Autonomous Solver Control

In many simulation applications, the selection of optimal methods and parameters for the linear solver strategy to some extend depends on the concrete simulation, for instance, the material properties, problem sizes, parallelism, etc. While you can typically find a fixed linear solver strategy that very well fits for a simulation application, the final tuning for a concrete simulation can hardly be carried out in advance.

This is where the autonomous solver control can be applied: Instead of a fixed linear solver strategy, a set of considerable methods and parameter ranges is selected. Within these available options, SAMG then finds the best settings on its own. This is realized with evolutionary and surrogate learning methods.

Not only is an autonomous parameter tuning possible this way. The solver control also allows for the usage of solver strategies that may not be robustly applicable in all but only in a majority of cases from a simulation application, but provide a good computational efficiency. In those cases where the most efficient approaches are not robust enough, the solver control ensures reasonable backups to be available if the control has been configured to do so.

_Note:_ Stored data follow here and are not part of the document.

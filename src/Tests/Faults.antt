-- ===== src/Tests/Faults.antt =====
-- The fault of the small topology, as the test run reads it.
use pulsaros_testbed.Prelude.{
  ◌≡◌, ◌≢◌, ◌↔◌, ◌⊎◌, refl, true, Outcome, ok, raise, key_error, List, [], ◌∷◌, All,
}
use pulsaros_testbed.Number.{pos}
use pulsaros_testbed.Value.{Value, str, list, end, items}
use pulsaros_testbed.Render.Faults.{validate_faults}
use pulsaros_testbed.FaultRun.{Completed, fault_members, assert_fault_impact}
use pulsaros_testbed.FaultRun.Passed.{IsRunnable, validate_faults-IsRunnable}
use pulsaros_testbed.FaultRun.Impact.{assert_fault_impact_iff}
use pulsaros_testbed.Tests.Sample.{succeeds, value, value-ok, fault}
use pulsaros_testbed.Tests.Program.{program}
use pulsaros_testbed.Tests.Renders.{document}

abbrev checked : Outcome (List Value)
checked = validate_faults (list (items (fault ∷ []))) document.segments document.control_plane

checked_passes : succeeds checked ≡ true
unfolding program
checked_passes = refl

validate_faults-IsRunnable_example :
    All (IsRunnable document.segments) (value checked checked_passes)
validate_faults-IsRunnable_example =
    validate_faults-IsRunnable document.segments document.control_plane (list (items (fault ∷ [])))
      (value checked checked_passes) (value-ok checked checked_passes)

lacks_segment : fault_members document.segments end ≡ raise key_error
unfolding program fault_members
lacks_segment = refl

abbrev lost : Completed
lost = record { returncode = pos 1; stdout = ""; stderr = "" }

assert_fault_impact_iff_example : (assert_fault_impact lost "cut" (str "outage") ≡ ok tt) ↔ (
    ((str "outage" ≡ str "outage") × (pos 1 ≢ pos 0) × (pos 1 ≢ pos 255))
    ⊎ ((str "outage" ≡ str "no_outage") × (pos 1 ≡ pos 0)))
assert_fault_impact_iff_example = assert_fault_impact_iff lost "cut" (str "outage")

Basically all methods and parameters from the SAMG solver library can be considered in the pre-described set of methods. In some special application cases even pre-implemented selections can be used, while in general an XML-input is provided.

The development of the learning solver control has been funded by the Fraunhofer Research Center for Machine Learning within the Fraunhofer Cluster of Excellence Cognitive Internet Technologies.

 

Example Application: Simulation of Battery Aging

The autonomous solver control has allowed to use iterative linear solver methods from the SAMG library in the battery simulator BaSiS at the Fraunhofer IEE (www.batterie-simulation.de). The highly complex physical and electro-chemical processes of a battery often lead to highly ill-conditioned linear systems of equations. This and the variety of possible battery configurations do not allow for selecting a fixed iterative linear solver method in advance. Thus, only direct solvers could be used so far. The solver control in SAMG, however, allows for the usage of iterative single-level methods now. This provides significant reductions of the overall run-times compared to the direct solvers.